Caring for a loved one with cancer is no easy feat; for many, caregiving is unfamiliar territory with no clear path. Providing that care from a distance can create additional challenges and concerns for the more than 7 million people in the United States who fulfill this role. Long-distance caregivers often feel the need to qualify their role; since they are generally not in a position to be providing direct care on a daily basis, they may not feel that they can be considered a caregiver. In turn, they may not know about supportive and practical resources available to them. This can leave them feeling more isolated, and can increase their distress.
Long-distance caregivers frequently report feelings of guilt, sadness, and disconnect related to their caregiver role.
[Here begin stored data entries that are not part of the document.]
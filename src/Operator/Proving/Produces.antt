-- ===== src/Operator/Proving/Produces.antt =====
-- What a step of the host writes to an environment, and what it returns.
use clementine_citeria.Common.{
  ◌≡◌, refl, ap, ◌∙◌, List, [], ◌++◌, append_assoc, append-nil, none, some,
}
use clementine_citeria.Env.{Environment, Prog}
use clementine_citeria.Env.Tape.{Item, IsTape, Writes}
use clementine_citeria.Errors.{Result, ok, panic, Host}
use clementine_citeria.Errors.Binds.{pure, lift, ◌>>=◌, bind-run, lift-run}
use clementine_citeria.Operator.Proving.{run}

module _ ⦃e : Environment⦄ ⦃i : IsTape e⦄ where
  -- `m` writes exactly the values `xs`, and returns `a`.
  pub record Produces {A : Type 0} (m : Host e.State A) (xs : List Item) (a : A) : Type 0 where
    pub on : (past rest : List Item) → m (i.tape past rest) ≡ (ok a, i.tape past (rest ++ xs))

  pub Produces-pure : {A : Type 0} (a : A) → Produces (pure a) [] a
  Produces-pure a = record { on = λ past rest. rw append-nil }

  pub Produces-lift : {A : Type 0} (r : Result A) (a : A) → r ≡ ok a → Produces (lift r) [] a
  Produces-lift r a h = record { on = λ past rest. rw (append-nil, h) refl }

  -- A write that did not panic.
  pub run-some :
      {A : Type 0} (m : Prog A) (s s' : e.State) (a : A) → m s ≡ some (a, s') → run m s ≡ (ok a, s')
  unfolding run
  run-some m s s' a h = ap (λ o. elim o [ none ↦ (panic, s) | some (a, s') ↦ (ok a, s') ]) h

  pub Produces-run : (m : Prog (Unit {0})) (xs : List Item) → Writes m xs → Produces (run m) xs tt
  Produces-run m xs h = record { on = λ past rest. run-some m _ _ tt (h.run past rest) }

  pub Produces-bind :
      {A B : Type 0} (m : Host e.State A) (f : A → Host e.State B) (xs ys : List Item) (a : A)
      (b : B)
      → Produces m xs a
      → Produces (f a) ys b
      → Produces (m >>= f) (xs ++ ys) b
  Produces-bind m f xs ys a b hm hf = record {
    on = λ past rest. rw (← append_assoc rest xs ys) (
        bind-run m f (i.tape past rest) (i.tape past (rest ++ xs)) a (hm.on past rest)
        ∙ hf.on past (rest ++ xs));
  }

  -- A value that is looked up, and what follows it.
  pub Produces-after :
      {A B : Type 0} (r : Result A) (f : A → Host e.State B) (ys : List Item) (a : A) (b : B)
      → r ≡ ok a
      → Produces (f a) ys b
      → Produces (lift r >>= f) ys b
  Produces-after r f ys a b h hf = record {
    on = λ past rest. lift-run r f (i.tape past rest) a h ∙ hf.on past rest;
  }

  -- What follows writes nothing.
  pub Produces-bind-nil :
      {A B : Type 0} (m : Host e.State A) (f : A → Host e.State B) (xs : List Item) (a : A) (b : B)
      → Produces m xs a
      → Produces (f a) [] b
      → Produces (m >>= f) xs b
  Produces-bind-nil m f xs a b hm hf = rw append-nil at (Produces-bind m f xs [] a b hm hf)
They often share feeling out of the loop, as it may take more time for them to gain access to information and updates about their loved one and their care, which can lead to anxiety and feelings of helplessness. In addition to the emotional impact of long distance caregiving, a host of practical and logistical challenges often arise. Traveling to be closer to the patient or taking time off to provide more direct care can be costly, creating financial strain.
All of these challenges illustrate that long-distance caregivers need support in navigating their role. Here are some ways health care professionals and other support resources can best help.
Validate the unique role of the long distance caregiver. Help them to explore what their role will look like, including specific responsibilities, as well as what they want to provide, such as practical and/or emotional support. Use a strengths-based approach to help draw out what they are good at; consider what skills come most easily or naturally for them. For example, perhaps a caregiver is particularly skilled at navigating complex insurance issues, or knows exactly what to say to help the patient feel hopeful at any given time. Paying attention to these unique characteristics and helping a caregiver to see them as strengths can help them strategize opportunities for providing support in a meaningful way.
Encourage open communication. Long-distance caregivers will benefit from talking with the patient about his or her wants and needs related to their care upfront. Clear communication is essential, as the caregiver may not be there to witness needs as they come up. This will allow caregivers to better gauge what kind of approach to adopt, rather than making assumptions. However, patients commonly leave out certain information as a way of protecting the long-distance caregiver. Therefore, long-distance caregivers may also want to be connected with people who see the patient more regularly, as these people can more adequately assess how their loved one is really doing.
Help long distance caregivers determine what they can provide for their loved one, even from far away. Oftentimes, long-distance caregivers focus on the challenges or limitations they have in providing care from a distance rather than on the things they can do for the patient. Long-distance caregivers can help the patient consider questions to ask their doctors, sort through resources and information, or coordinate insurance benefits. They can also provide emotional support by calling or e-mailing to check in, sending care packages, or providing a sense of normalcy by engaging the patient in conversations on topics other than cancer.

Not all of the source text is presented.